紅建設剛剛甦醒的時候並沒有感覺到自己有什麼異常,只是頭疼了一陣子。他當然是想要回部隊的,任務完成了總得回部隊報告。
他先帶着王桂香悄悄的潛回國內,他想要安頓好王桂香再回部隊。王桂香死活不同意他回部隊。
“就當你摔死了,不行嗎?任務你已經完成了,爲國家、爲部隊、爲百姓你已經把命都搭上了,現在你的命是我撿回來的,你就爲我活下半輩子,不行嗎?”
王桂香抱着他痛哭不已,她再也不想讓他去部隊了,不想讓他在林彈雨中穿梭,紅家太多人爲國家流血犧牲了,現在是和平時期,紅家人也有權力安享半生太平吧?
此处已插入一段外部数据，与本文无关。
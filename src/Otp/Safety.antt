-- ===== src/Otp/Safety.antt =====
-- internal/services/otp/otp_service.go: what a one-time password is good for.
use yourz_gift.Base.{
  ℕ, suc, ◌≤◌, ◌<◌, String, ◌≡◌, ◌≢◌, ◌⊎◌, refl, ◌∙◌, true, eq_iff, some, none, arith, ok,
  Result-cases, inl, inr,
}
use yourz_gift.Base.Text.{TextLib, sanitize_email, trim_space}
use yourz_gift.Redis.{Redis}
use yourz_gift.Otp.Repo.{
  otp_register_key, otp_attempt_key, register-attempt, register-cooldown, register-rate, get_otp,
  increment_attempts, counted, delete_otp, reset_attempts, clear_cooldown, clear_send_count,
}
use yourz_gift.Otp.{
  OtpService, World, verify_otp, forget_code, forget_limits, judge, verify_register_otp,
}

module _ (r : Redis) where
  -- DEL does not fail on the key of the stored code.
  abbrev pub Deletes : String → Type 0
  Deletes email = (s : r.Store) → (r.del (otp_register_key email) s).0 ≡ ok tt

  forget_code-value :
      (email : String) (w : World r)
      → Deletes email
      → r.value (otp_register_key email) (forget_code email w).1.store ≡ none
  unfolding forget_code delete_otp reset_attempts
  forget_code-value email w d =
      r.del-others _ _ _ (register-attempt email email) ∙ r.del-value _ w.store (d w.store)

  forget_limits-value :
      (email : String) (w : World r)
      → r.value (otp_register_key email) (forget_limits email w).1.store
        ≡ r.value (otp_register_key email) w.store
  unfolding forget_limits clear_cooldown clear_send_count
  forget_limits-value email w =
      r.del-others _ _ _ (register-rate email email)
      ∙ r.del-others _ _ _ (register-cooldown email email)

  forget_code-ok : (email : String) (w : World r) → (forget_code email w).0 ≡ ok tt
  unfolding forget_code
  forget_code-ok email w = refl

  -- An attempt is counted exactly.
  attempts-exact :
      (email : String) (ttl n : ℕ) (s : r.Store)
      → (increment_attempts r email ttl s).0 ≡ ok n
      → n ≡ suc (r.counter (otp_attempt_key email) s)
  unfolding increment_attempts counted
  attempts-exact email ttl n s e = r.incr-ok (otp_attempt_key email) s n (ground arith)

  judged :
      (svc : OtpService) (email code hashed : String) (n : ℕ) (w : World r)
      → (judge svc email code hashed n w).0 ≡ ok tt
      → (verify_otp svc code hashed ≡ true)
        × ((svc.config.max_attempts ≡ 0) ⊎ (n ≤ svc.config.max_attempts))
  unfolding judge
  judged svc email code hashed n w e =
      let k = forget_code-ok email w in (ground arith, ground arith)

  -- After a right code, and after the last attempt, the stored code is gone.
  spent :
      (svc : OtpService) (email code hashed : String) (n : ℕ) (w : World r)
      → Deletes email
      → ((judge svc email code hashed n w).0 ≡ ok tt)
        ⊎ ((0 < svc.config.max_attempts) × (svc.config.max_attempts ≤ n))
      → r.value (otp_register_key email) (judge svc email code hashed n w).1.store ≡ none
  unfolding judge
  spent svc email code hashed n w d e =
      let k = forget_code-ok email w in
      let f = forget_code-value email w d in
      let l = forget_limits-value email (forget_code email w).1 in ground arith

module _ (r : Redis) (lib : TextLib) (svc : OtpService) (email code : String) (w : World r) where
  -- What a right code was: the code that is stored for the address, tried within the limit.
  pub record IsVerified : Type 0 where
    pub hashed : String
    pub stored : r.value (otp_register_key (sanitize_email lib email)) w.store ≡ some hashed
    pub matches : verify_otp svc (trim_space lib code) hashed ≡ true
    pub within :
        (svc.config.max_attempts ≡ 0)
        ⊎ (suc (r.counter (otp_attempt_key (sanitize_email lib email)) w.store)
            ≤ svc.config.max_attempts)

  abbrev counted_world : World r
  counted_world = record w {
    store = (increment_attempts r (sanitize_email lib email) svc.config.ttl w.store).1;
  }

  -- The checks of VerifyRegisterOTP that stand before the judgement, where they pass.
  reaches :
      (hashed : String) (n : ℕ)
      → svc.repo ≡ true
      → sanitize_email lib email ≢ ""
      → trim_space lib code ≢ ""
      → get_otp r (sanitize_email lib email) w.store ≡ ok hashed
      → (increment_attempts r (sanitize_email lib email) svc.config.ttl w.store).0 ≡ ok n
      → verify_register_otp {r = r} lib svc email code w
        ≡ judge svc (sanitize_email lib email) (trim_space lib code) hashed n counted_world
  unfolding verify_register_otp
  reaches hashed n repo address clean got counted =
      ground (arith, eq_iff (sanitize_email lib email) "", eq_iff (trim_space lib code) "")

  -- VerifyRegisterOTP accepts a code only if it is the stored one and, where attempts are limited,
  -- no more than the limit were made, this one included.
  pub verify_register_otp_lem :
      (verify_register_otp {r = r} lib svc email code w).0 ≡ ok tt → IsVerified
  unfolding verify_register_otp get_otp
  verify_register_otp_lem e =
      let address = sanitize_email lib email in
      elim (Result-cases (r.get (otp_register_key address) w.store)) [
        | inr (x, g) ↦ absurd (ground arith)
        | inl (hashed, g) ↦
            elim (Result-cases (increment_attempts r address svc.config.ttl w.store).0) [
              | inr (x, c) ↦ absurd (ground arith)
              | inl (n, c) ↦
                  let right =
                    judged r svc address (trim_space lib code) hashed n counted_world
                      (ground arith) in
                  let exact = attempts-exact r address svc.config.ttl n w.store c in
                  record {
                    hashed = hashed;
                    stored = r.get-value _ hashed w.store g;
                    matches = right.0;
                    within = elim right.1 [ inl z ↦ inl z | inr le ↦ inr (omega arith) ];
                  }
            ]
      ]

  -- An accepted code came to the judgement.
  accepted_at :
      (verify_register_otp {r = r} lib svc email code w).0 ≡ ok tt
      → (hashed : String) × (n : ℕ) × (verify_register_otp {r = r} lib svc email code w
          ≡ judge svc (sanitize_email lib email) (trim_space lib code) hashed n counted_world)
  unfolding verify_register_otp get_otp
  accepted_at e =
      let address = sanitize_email lib email in
      elim (Result-cases (r.get (otp_register_key address) w.store)) [
        | inr (x, g) ↦ absurd (ground arith)
        | inl (hashed, g) ↦
            elim (Result-cases (increment_attempts r address svc.config.ttl w.store).0) [
              | inr (x, c) ↦ absurd (ground arith)
              | inl (n, c) ↦ (hashed, n, ground arith)
            ]
      ]

module _ (r : Redis) (lib : TextLib) (svc : OtpService) (email : String) where
  -- Without a stored code no code is accepted.
  no_code :
      (code : String) (w : World r)
      → r.value (otp_register_key (sanitize_email lib email)) w.store ≡ none
      → (verify_register_otp {r = r} lib svc email code w).0 ≢ ok tt
  no_code code w gone e =
      let stored = (verify_register_otp_lem r lib svc email code w e).stored in absurd (cc)

  -- A code that was accepted is spent: where DEL does not fail on the stored code, no code is
  -- accepted for the address after it, until a new one is stored.
  pub code_once :
      (code code' : String) (w : World r)
      → Deletes r (sanitize_email lib email)
      → (verify_register_otp {r = r} lib svc email code w).0 ≡ ok tt
      → (verify_register_otp lib svc email code'
          (verify_register_otp {r = r} lib svc email code w).1).0
        ≢ ok tt
  code_once code code' w d e =
      let (hashed, n, same) = accepted_at r lib svc email code w e in
      let right = (rw same at e) in
      no_code code' (verify_register_otp lib svc email code w).1 (
        rw same
          (spent r svc (sanitize_email lib email) (trim_space lib code) hashed n _ d (inl right)))

  -- The last attempt that the limit allows, right or wrong, spends the stored code: where the code
  -- was read and the attempt counted, and DEL does not fail on the code, nothing is stored for the
  -- address after it.
  pub last_attempt :
      (code hashed : String) (n : ℕ) (w : World r)
      → Deletes r (sanitize_email lib email)
      → svc.repo ≡ true
      → sanitize_email lib email ≢ ""
      → trim_space lib code ≢ ""
      → get_otp r (sanitize_email lib email) w.store ≡ ok hashed
      → (increment_attempts r (sanitize_email lib email) svc.config.ttl w.store).0 ≡ ok n
      → 0 < svc.config.max_attempts
      → svc.config.max_attempts
        ≤ suc (r.counter (otp_attempt_key (sanitize_email lib email)) w.store)
      → r.value
          (otp_register_key (sanitize_email lib email))
          (verify_register_otp {r = r} lib svc email code w).1.store
        ≡ none
  last_attempt code hashed n w d repo address clean got counted limited last =
      let exact = attempts-exact r (sanitize_email lib email) svc.config.ttl n w.store counted in
      let same = reaches r lib svc email code w hashed n repo address clean got counted in
      rw same (
        spent r svc (sanitize_email lib email) (trim_space lib code) hashed n _ d
          (inr (limited, omega arith)))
“我回去交個任務。”紅建設也知道自己對不起王桂香,當時她那麼危險,他卻一點救她的念頭都沒有,甚至在他控制了黑鷹,別人也控制了王桂香之後,他那麼冷酷絕決的放棄了一命換一命的要求。
不是裝出來的冷酷,而是真的放棄了救她,紅建設當時最壞的打算就是全都死,他沒想到的是黑鷹那麼怕死,是黑鷹提出用自己作人質掩護他們離開。
“你回去就有數不清的任務等着你,天底下穿軍裝的不是隻有你一個人,我也不要什麼軍官,我只要粗茶淡飯平平安安的過一輩子,這都不行嗎?”
“我不能做一個逃兵。”
“你已經是烈士了,你最光榮,你不用再回去了。你想想如果你摔死了,誰回去交任務?”
“保家衛國哪有如果?我還活着,我還能爲國盡力,我就不能逃。”紅建設毅然決然的甩開王桂香,大踏步的向前走了,身後是王桂香聲嘶力竭的哭喊,眼前是越來越重的黑影。
紅建設走了不到二十米就昏倒在地,王桂香把他送到醫院,醫院也沒查出來是什麼病,醫生只是搖頭嘆息,說國內的醫療設備太落後了,沒辦法更清晰的檢查。
不能確診他是什麼病,只能肯定他會有間歇性的失憶、失常等不正常行爲,不嚴重的話可以在家人的陪護下生活,嚴重的話就送到精神病院看護。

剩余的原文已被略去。